INFORMATION SHOWN ▸
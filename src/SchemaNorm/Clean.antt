-- ===== src/SchemaNorm/Clean.antt =====
-- What every normalized object is like.
use mybro.Json.{Value, Fields, object, lookup, remove, is_null}
use mybro.Json.Objects.{lookup-remove_self, lookup-remove_ne}
use mybro.Prelude.{ℕ, suc, String, ◌≡◌, refl, sym, false, [], Bool-cases, inl, inr}
use mybro.SchemaNorm.{
  test, map_values, normalize_type_field, simplify_nullable_combinator, normalize_enum_field,
  drop_null_const, post_passes, normalize_schema,
}
use mybro.SchemaNorm.Enums.{EnumFixed, EnumFixed-lookup, fixed, normalize_enum_field-EnumFixed}
use mybro.SchemaNorm.Refs.{exact_ref-empty}

module _ (to_string : Value → String) where
  test-const : (fs : Fields) → test is_null (lookup "const" (drop_null_const to_string fs)) ≡ false
  unfolding drop_null_const
  test-const fs = elim (Bool-cases (test is_null (lookup "const" fs))) [
    | inl e ↦ rw (drop_null_const, e) (rw (lookup-remove_self "const" fs) refl)
    | inr e ↦ rw (drop_null_const, e) e
  ]

  settled :
      (fs : Fields) → test is_null (lookup "const" fs) ≡ false → drop_null_const to_string fs ≡ fs
  unfolding drop_null_const
  settled fs h = rw (drop_null_const, h) refl

  drop_null_const-EnumFixed :
      (fs : Fields) → EnumFixed to_string fs → EnumFixed to_string (drop_null_const to_string fs)
  unfolding drop_null_const
  drop_null_const-EnumFixed fs h = elim (Bool-cases (test is_null (lookup "const" fs))) [
    | inl e ↦
        rw (drop_null_const, e)
          (EnumFixed-lookup to_string fs (remove "const" fs)
            (sym (lookup-remove_ne "const" "enum" fs refl)) h)
    | inr e ↦ rw (drop_null_const, e) h
  ]

  -- As the program calls it, normalization above the depth limit turns each object into one whose
  -- `const` is not null, and which the passes over `const` and `enum` would leave as it is: the
  -- values of `enum` are no array, or some values without null or repetition.
  pub normalize_schema-settled :
      (depth : ℕ) (fs : Fields)
      → (out : Fields) × (normalize_schema to_string (suc depth) [] (object fs) ≡ object out)
        × (test is_null (lookup "const" out) ≡ false)
        × (drop_null_const to_string out ≡ out)
        × (normalize_enum_field to_string out ≡ out)
  unfolding normalize_schema post_passes
  normalize_schema-settled depth fs =
      let before = normalize_type_field (
        simplify_nullable_combinator "oneOf" (
          simplify_nullable_combinator "anyOf"
            (map_values (normalize_schema to_string depth []) fs))) in
      let enums = normalize_enum_field to_string before in
      (
        drop_null_const to_string enums,
        rw (normalize_schema, exact_ref-empty fs) refl,
        test-const enums,
        settled (drop_null_const to_string enums) (test-const enums),
        fixed to_string (drop_null_const to_string enums)
            (drop_null_const-EnumFixed enums (normalize_enum_field-EnumFixed to_string before)),
      )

THE PROBLEM ▸ Only one stretch of the entries above is wanted: the lines from the one containing "(fs : Fields) → EnumFixed" through the one containing "-- As the program". Please reproduce it exactly.

REPLY TO THE EXERCISE ▸
      (fs : Fields) → EnumFixed to_string fs → EnumFixed to_string (drop_null_const to_string fs)
  unfolding drop_null_const
  drop_null_const-EnumFixed fs h = elim (Bool-cases (test is_null (lookup "const" fs))) [
    | inl e ↦
        rw (drop_null_const, e)
          (EnumFixed-lookup to_string fs (remove "const" fs)
            (sym (lookup-remove_ne "const" "enum" fs refl)) h)
    | inr e ↦ rw (drop_null_const, e) h
  ]

  -- As the program calls it, normalization above the depth limit turns each object into one whose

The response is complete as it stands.